Pub Date : 2023-03-15DOI: 10.1109/JTEHM.2023.3256893
Rebecca J. Tarbert;Wamis Singhatat
Structured Abstract Falls with major injuries are a devastating occurrence for an older adult with outcomes inclusive of debility, loss of independence and increased mortality. The incidence of falls with major injuries has increased with the growth of the older adult population, and has further risen as a result of reduced physical mobility in recent years due to the Coronavirus pandemic. The standard of care in the effort to reduce major injuries from falling is provided by the CDC through an evidence-based fall risk screening, assessment and intervention initiative (STEADI: Stopping Elderly Accidents and Death Initiative) and is embedded into primary care models throughout residential and institutional settings nationwide.
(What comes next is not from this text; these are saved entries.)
-- ===== src/Fernet/Schedule.antt =====
-- The loops of `generate`: they end, and they schedule exactly the host's rotations in the span.
use irnmn.Prelude.{
  ℕ, zero, suc, ◌+◌, ◌≤◌, ◌<◌, ◌≡◌, refl, List, [], ◌∷◌, none, some, leb, arith, Bool-cases, inl,
  inr,
}
use irnmn.Fernet.{Cron, times_loop}

module _ (entry : ℕ → Cron) (span rotation step : ℕ) where
  -- The rotations from a time on that end within the span, one entry for each, in order.
  pub data Scheduled : ℕ → List Cron → Type 0 where
    over : {t : ℕ} → span < t + rotation → Scheduled t []
    rotates :
        {t : ℕ} {l : List Cron}
        → t + rotation ≤ span
        → Scheduled (t + step) l
        → Scheduled t (entry t ∷ l)

  -- With a step of at least a minute, fuel beyond the minutes that are left is enough.
  pub times_loop-Scheduled :
      (fuel t : ℕ)
      → 0 < step
      → span < fuel + t
      → (l : List Cron) × (times_loop (suc fuel) entry span rotation step t ≡ some l)
        × Scheduled t l
  unfolding times_loop
  times_loop-Scheduled zero t forward enough = ([], ground arith, over (omega arith))
  times_loop-Scheduled (suc fuel) t forward enough =
      let (l, runs, rest) = times_loop-Scheduled fuel (t + step) forward (omega arith) in
      elim (Bool-cases (leb (t + rotation) span)) [
        | inl more ↦ (entry t ∷ l, rw (more, runs), rotates (ground arith) rest)
        | inr ends ↦ ([], rw ends, over (ground arith))
      ]

  -- With a step of no minutes, a rotation that fits the span is scheduled over and over: no fuel
  -- is enough.
  pub times_loop_stuck :
      (fuel t : ℕ)
      → step ≡ 0
      → t + rotation ≤ span
      → times_loop fuel entry span rotation step t ≡ none
  unfolding times_loop
  times_loop_stuck zero t still fits = refl
  times_loop_stuck (suc fuel) t still fits = ground (arith, times_loop_stuck fuel (t + step) still)
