-- ===== src/Fernet/Fields.antt =====
-- `generate` as a whole: the schedule of each branch, and whether its entries are times that cron
-- accepts.
use irnmn.Prelude.{
  ℕ, suc, ◌+◌, ◌*◌, ◌/◌, ◌%◌, ◌≤◌, ◌<◌, ◌≡◌, refl, List, ◌∷◌, none, some, All, true, false, leb,
  ltb, arith, Bool-cases, inl, inr, ap, ◌∙◌, if◌then◌else◌,
}
use irnmn.Effect.{ok}
use irnmn.Fernet.{
  Cron, Field, star, at, hour_span, day_span, week_span, weekly, daily, hourly, times_loop,
  schedule, generate,
}
use irnmn.Fernet.Schedule.{Scheduled, over, rotates, times_loop-Scheduled, times_loop_stuck}

-- The entries as the three branches are to write them, by the minute of the span. The hour of an
-- entry in a week is its minute again.
abbrev pub in_week : ℕ → Cron
in_week t = record { min = at (t % 60); hour = at (t % 60); day = at (t / 1440) }

abbrev pub in_day : ℕ → Cron
in_day t = record { min = at (t % 60); hour = at (t / 60); day = star }

abbrev pub in_hour : ℕ → Cron
in_hour t = record { min = at (t / 1); hour = star; day = star }

-- The schedule that a host wants: its entries, the span that they repeat in, from its offset on.
abbrev pub Planned : ℕ → ℕ → ℕ → List Cron → Type 0
Planned i n r l =
    if ltb 1440 (r * n)
    then Scheduled in_week 10080 r (r * n) (r * i) l
    else if ltb 60 (r * n)
    then Scheduled in_day 1440 r (r * n) (r * i) l
    else Scheduled in_hour 60 r (r * n) (r * i) l

schedule-Scheduled :
    (entry : ℕ → Cron) (span r step offset : ℕ)
    → 0 < step
    → (l : List Cron) × (schedule entry span r step offset ≡ some (ok l))
      × Scheduled entry span r step offset l
unfolding schedule
schedule-Scheduled entry span r step offset forward =
    let (l, runs, is_scheduled) =
      times_loop-Scheduled entry span r step (suc span) offset forward (omega arith) in
    (l, ground arith, is_scheduled)

-- For a host of the group and a rotation of a minute to a week, `generate` ends without an error,
-- and its entries are one for each rotation of the host that ends within the span, in order: from
-- the host's offset on, a round of all hosts apart; the span is a week, a day or an hour, by the
-- length of the round, and the fields of an entry are those of `in_week`, `in_day` or `in_hour`.
pub generate-Planned :
    (i n r : ℕ)
    → i < n
    → 0 < r
    → r ≤ week_span
    → (l : List Cron) × (generate i n r ≡ some (ok l)) × Planned i n r l
unfolding generate weekly daily hourly
generate-Planned i n r member positive short =
    let forward : 0 < r * n = grind arith in
    let asked : leb n i ≡ false = ground arith in
    let allowed : ltb week_span r ≡ false = ground arith in
    elim (Bool-cases (ltb day_span (r * n))) [
      | inl over_day ↦
          rw (asked, allowed, over_day)
            (schedule-Scheduled weekly week_span r (r * n) (r * i) forward)
      | inr within_day ↦ elim (Bool-cases (ltb hour_span (r * n))) [
        | inl over_hour ↦
            rw (asked, allowed, within_day, over_hour)
              (schedule-Scheduled daily day_span r (r * n) (r * i) forward)
        | inr within_hour ↦
            rw (asked, allowed, within_day, within_hour)
              (schedule-Scheduled hourly hour_span r (r * n) (r * i) forward)
      ]
    ]

-- With a rotation of no minutes the loop of a member of the group never ends: no fuel is enough.
generate_zero_diverges : (i n fuel : ℕ) → times_loop fuel hourly hour_span 0 (0 * n) (0 * i) ≡ none
generate_zero_diverges i n fuel =
    times_loop_stuck hourly hour_span 0 (0 * n) fuel (0 * i) (omega arith) (omega arith)

-- A field is `*` or a number below the bound.
abbrev pub IsBelow : ℕ → Field → Type 0
IsBelow bound star = Unit
IsBelow bound (at k) = k < bound

-- The entries that cron accepts: minutes to 59, hours to 23, days of the week to 6.
abbrev pub IsCronTime : Cron → Type 0
IsCronTime c = IsBelow 60 c.min × IsBelow 24 c.hour × IsBelow 7 c.day

Scheduled-All :
    (P : Cron → Type 0) (entry : ℕ → Cron) (span r step : ℕ)
    → ((t : ℕ) → t + r ≤ span → P (entry t))
    → {t : ℕ} {l : List Cron} → Scheduled entry span r step t l
    → All P l
Scheduled-All P entry span r step good (over late) = tt
Scheduled-All P entry span r step good (rotates fits rest) =
    (good _ fits, Scheduled-All P entry span r step good rest)

daily-IsCronTime : (r t : ℕ) → 0 < r → t + r ≤ day_span → IsCronTime (daily t)
unfolding daily
daily-IsCronTime r t positive fits = omega arith

hourly-IsCronTime : (r t : ℕ) → 0 < r → t + r ≤ hour_span → IsCronTime (hourly t)
unfolding hourly
hourly-IsCronTime r t positive fits = omega arith

Planned-IsCronTime :
    (i n r : ℕ) (l : List Cron)
    → 0 < r
    → ltb day_span (r * n) ≡ false
    → Planned i n r l
    → All IsCronTime l
unfolding daily hourly
Planned-IsCronTime i n r l positive within planned = elim (Bool-cases (ltb hour_span (r * n))) [
  | inl over_hour ↦
      Scheduled-All IsCronTime daily day_span r (r * n)
        (λ t fits. daily-IsCronTime r t positive fits) (rw (within, over_hour) at planned)
  | inr within_hour ↦
      Scheduled-All IsCronTime hourly hour_span r (r * n)
        (λ t fits. hourly-IsCronTime r t positive fits) (rw (within, within_hour) at planned)
]

-- Where one round of all hosts takes at most a day, `generate` ends without an error, and every
-- entry is a time that cron accepts.
pub generate-IsCronTime :
    (i n r : ℕ)
    → i < n
    → 0 < r
    → r * n ≤ day_span
    → (l : List Cron) × (generate i n r ≡ some (ok l)) × All IsCronTime l
generate-IsCronTime i n r member positive within =
    let (l, runs, planned) = generate-Planned i n r member positive (grind arith) in
    (l, runs, Planned-IsCronTime i n r l positive (ground arith) planned)

first_entry :
    (r step t : ℕ) (l : List Cron)
    → t + r ≤ week_span
    → Scheduled weekly week_span r step t l
    → (later : List Cron) × (l ≡ weekly t ∷ later)
first_entry r step t l fits (over late) = absurd (omega arith)
first_entry r step t l fits (rotates {l = later} _ rest) = (later, refl)

-- Where the round takes more than a day, the hour of an entry is its minute: on a host whose offset
-- is 24 or more minutes past the hour and whose first rotation ends within the week, `generate`
-- ends without an error, and its first entry has an hour that cron refuses.
pub weekly_hour_refused :
    (i n r : ℕ)
    → i < n
    → day_span < r * n
    → r * i + r ≤ week_span
    → 24 ≤ (r * i) % 60
    → (c : Cron) × (l : List Cron) × (generate i n r ≡ some (ok (c ∷ l))) × ¬ (IsBelow 24 c.hour)
unfolding weekly
weekly_hour_refused i n r member over_day fits late =
    let (l, runs, planned) = generate-Planned i n r member (grind arith) (omega arith) in
    let weekly_plan = (rw (lt_test (r * n) over_day) at planned) in
    let (later, shape) = first_entry r (r * n) (r * i) l fits weekly_plan in
    (weekly (r * i), later, runs ∙ ap (λ x. some (ok x)) shape, λ low. absurd (omega arith))
  where
    lt_test : (k : ℕ) → day_span < k → ltb day_span k ≡ true
    lt_test k h = ground arith
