-- ===== src/Fernet/Tests.antt =====
-- Runs of `generate` as in tests/test_fernet_rotate_cron_generator.py, and its theorems at inputs.
use irnmn.Prelude.{◌≡◌, refl, List, [], ◌∷◌, All, some, arith}
use irnmn.Effect.{ok}
use irnmn.Fernet.{Cron, star, at, hourly, times_loop, schedule, generate, weekly}
use irnmn.Fernet.Fields.{
  Planned, IsCronTime, IsBelow, generate-Planned, generate-IsCronTime, weekly_hour_refused,
}

-- Three days on three hosts, the default of kolla-ansible: the second host.
generate_3_days :
    generate 1 3 4320 ≡ some (ok (record { min = at 0; hour = at 0; day = at 3 } ∷ []))
unfolding generate schedule times_loop weekly
generate_3_days = refl

generate_20_minutes :
    generate 1 2 20 ≡ some (ok (record { min = at 20; hour = star; day = star } ∷ []))
unfolding generate schedule times_loop hourly
generate_20_minutes = refl

generate-Planned_example : (l : List Cron) × (generate 1 3 4320 ≡ some (ok l)) × Planned 1 3 4320 l
generate-Planned_example = generate-Planned 1 3 4320 (omega arith) (omega arith) (omega arith)

generate-IsCronTime_example : (l : List Cron) × (generate 1 2 20 ≡ some (ok l)) × All IsCronTime l
generate-IsCronTime_example = generate-IsCronTime 1 2 20 (omega arith) (omega arith) (omega arith)

-- 100 minutes on 15 hosts: the second host is told to rotate at 40:40.
weekly_hour_refused_example :
    (c : Cron) × (l : List Cron) × (generate 1 15 100 ≡ some (ok (c ∷ l))) × ¬ (IsBelow 24 c.hour)
weekly_hour_refused_example =
    weekly_hour_refused 1 15 100 (omega arith) (omega arith) (omega arith) (omega arith)
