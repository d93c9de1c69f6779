-- ===== src/Filters/Address.antt =====
-- kolla_ansible/kolla_address.py, put_address_in_context.py and kolla_url.py. The module ipaddress
-- and Jinja's `bool` filter are parameters.
pub mod Usable
use irnmn.Prelude.{
  ℕ, ◌/◌, ◌%◌, String, Bool, true, false, not, ◌&&◌, ◌||◌, ◌==◌, nat_eq, any, select, List, [], ◌∷◌,
  ◌&◌, Option, none, some, if◌then◌else◌,
}
use irnmn.Text.{lower, replace}
use irnmn.Text.Numbers.{show}
use irnmn.Text.Split.{has_char}
use irnmn.Values.{Value, null, text, value_eq, Dict, get}
use irnmn.Effect.{Result, ok, err, filter_error, value_error}

-- An address of an interface's list `ipv6`.
pub record Ipv6 : Type 0 where
  pub address : String
  pub scope : String

-- The facts of an interface: of `ipv4` the address, both levels where they are there.
pub record Interface : Type 0 where
  pub ipv4 : Option (Option String)
  pub ipv6 : Option (List Ipv6)

-- The variables of a host, and its facts on interfaces.
pub record Host : Type 0 where
  pub variables : Dict
  pub interfaces : List (String × Interface)

-- The variables of the Jinja context that are read, `none` where one is undefined.
pub record TemplateContext : Type 0 where
  pub inventory_hostname : Option String
  pub hostvars : Option (List (String × Host))

unfoldable pub lookup : {A : Type 0} → String → List (String × A) → Option A
lookup key [] = none
lookup key ((k, a) ∷ rest) = if k == key then some a else lookup key rest

infixl 5 ◌>>=◌
abbrev pub ◌>>=◌ : {A B : Type 0} → Result A → (A → Result B) → Result B
ok a >>= f = f a
err e >>= f = err e

-- A value that must be there.
abbrev pub need : {A : Type 0} → Option A → String → Result A
need none m = err (filter_error m)
need (some a) m = ok a

-- A variable that must be a text.
abbrev pub need_text : Value → String → Result String
need_text (text s) m = ok s
need_text v m = err (filter_error m)

abbrev pub first_address : List Ipv6 → Option String
first_address [] = none
first_address (found ∷ rest) = some found.address

module _ (format_address : Value → Option String) (call_bool_filter : Value → Result Bool) where
  -- The override of a host, if it is set, must be an address; `none` if there is none.
  abbrev pub override_address : Option String → Host → Result (Option String)
  override_address none host = ok none
  override_address (some name) host = elim (lookup name host.variables) [
    | none ↦ ok none
    | some value ↦ elim (format_address value) [
      | some address ↦ ok (some address)
      | none ↦ err (filter_error ("variable '" & name & "' is not a valid IPv4 or IPv6 address"))
    ]
  ]

  -- The virtual addresses, where HAProxy announces them.
  abbrev pub vip_addresses : Host → Bool → List Value
  vip_addresses host true =
      get "kolla_internal_vip_address" host.variables
      ∷ get "kolla_external_vip_address" host.variables
      ∷ []
  vip_addresses host false = []

  abbrev pub enable_haproxy : Host → Result Bool
  enable_haproxy host = elim (get "enable_haproxy" host.variables) [
    | null ↦ err (filter_error "'enable_haproxy' variable is unavailable")
    | value ↦ call_bool_filter value
  ]

  abbrev pub is_global : List Value → Ipv6 → Bool
  is_global vips found = found.scope == "global" && not (any (value_eq (text found.address)) vips)

  abbrev pub global_address : Host → List Ipv6 → Result (Option String)
  global_address host found = do
    haproxy_enabled ← enable_haproxy host
    ok (first_address (select (is_global (vip_addresses host haproxy_enabled)) found))

  abbrev pub address_of : Host → Interface → String → Result (Option String)
  address_of host interface family =
      if family == "ipv4"
      then need interface.ipv4 "Address family undefined on interface"
      else if family == "ipv6"
      then need interface.ipv6 "Address family undefined on interface" >>= global_address host
      else err (filter_error ("Unknown address family '" & family & "'"))

  -- The address of the network's interface.
  unfoldable pub interface_address : String → Host → Result String
  unfolding lookup lower replace get
  interface_address network_name host = do
    interface_name ←
        need_text (get (network_name & "_interface") host.variables)
          ("Interface name undefined for network '" & network_name & "'")
    family ←
        need_text (get (network_name & "_address_family") host.variables)
          ("Address family undefined for network '" & network_name & "'")
    if not (lower family == "ipv4" || lower family == "ipv6")
        then err (filter_error ("Unknown address family '" & lower family & "'"))
        else (do
          interface ←
              need (lookup (replace "-" "_" interface_name) host.interfaces)
                ("Interface '" & interface_name & "' not present")
          address ← address_of host interface (lower family)
          need address (lower family & " address missing on interface '" & interface_name & "'"))

  abbrev pub or_interface : String → Host → Option String → Result String
  or_interface network_name host none = interface_address network_name host
  or_interface network_name host (some address) = ok address

  abbrev pub host_named : TemplateContext → Option String → Result Host
  host_named context hostname = do
    name ← elim hostname [
      | some given ↦ ok given
      | none ↦ need context.inventory_hostname "'inventory_hostname' variable is unavailable"
    ]
    hosts ← need context.hostvars "'hostvars' variable is unavailable"
    need (lookup name hosts) ("'" & name & "' not in 'hostvars'")

  unfoldable pub kolla_address :
      TemplateContext → String → Option String → Option String → Result String
  unfolding interface_address lookup get
  kolla_address context network_name hostname override_var = do
    host ← host_named context hostname
    override ← override_address override_var host
    or_interface network_name host override

-- `ip_address`: a version 4 address, or the groups of a version 6 one.
pub data Ip : Type 0 where
  version4 : Ip
  version6 : List ℕ → Ip

abbrev pub hex_digit : ℕ → String
hex_digit d =
    if nat_eq d 10
    then "a"
    else if nat_eq d 11
    then "b"
    else if nat_eq d 12
    then "c"
    else if nat_eq d 13
    then "d"
    else if nat_eq d 14
    then "e"
    else if nat_eq d 15
    then "f"
    else show d

-- A digit, which is left out in front of the number.
abbrev pub add_digit : String → ℕ → String
add_digit front d = if front == "" && nat_eq d 0 then "" else front & hex_digit d

-- `"%x"` of a group, which has 16 bits
unfoldable pub hex : ℕ → String
unfolding show
hex n =
    add_digit (add_digit (add_digit "" (n / 4096)) (n / 256 % 16)) (n / 16 % 16)
    & hex_digit (n % 16)

abbrev pub erlang_groups : List ℕ → String
erlang_groups [] = ""
erlang_groups (n ∷ []) = "16#" & hex n
erlang_groups (n ∷ m ∷ rest) = "16#" & hex n & "," & erlang_groups (m ∷ rest)

abbrev pub erlang_address : String → Option Ip → Result String
erlang_address address none = err (value_error "not an IPv4 or IPv6 address")
erlang_address address (some version4) = ok (replace "." "," address)
erlang_address address (some (version6 groups)) = ok (erlang_groups groups)

module _ (ip_address : String → Option Ip) where
  unfoldable pub put_address_in_context : String → String → Result String
  unfolding hex replace has_char
  put_address_in_context address context =
      if not (context == "url" || context == "memcache" || context == "rabbitmq")
      then err (filter_error ("Unknown context '" & context & "'"))
      else if not (has_char 58 address) && not (context == "rabbitmq")
      then ok address
      else if context == "url"
      then ok ("[" & address & "]")
      else if context == "memcache"
      then ok ("inet6:[" & address & "]")
      else erlang_address address (ip_address address)

  -- The port is left out where it is the protocol's own.
  unfoldable pub kolla_url : String → String → ℕ → String → String → Result String
  unfolding put_address_in_context show
  kolla_url fqdn protocol port path context = do
    address ← put_address_in_context fqdn context
    if ((protocol == "http" || protocol == "ws") && nat_eq port 80)
          || ((protocol == "https" || protocol == "wss") && nat_eq port 443)
        then ok (protocol & "://" & address & path)
        else ok (protocol & "://" & address & ":" & show port & path)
Though the dissemination of this practice has been successfully implemented, recent studies have shown that major injuries from falls have not been reduced. Emerging technology adapted from other industries offers adjunctive intervention in the older adult population at risk of falls and major fall injuries. Technology in the form of a wearable smartbelt that offers automatic airbag deployment to reduce impact forces to the hip region in serious hip-impacting fall scenarios was assessed in a long-term care facility. Device performance was examined in a real-world case series of residents who were identified as being at high-risk of major fall injuries within a long-term care setting. In a timeframe of almost 2 years, 35 residents wore the smartbelt, and 6 falls with airbag deployment occurred with a concomitant reduction in the overall falls with major injury rate.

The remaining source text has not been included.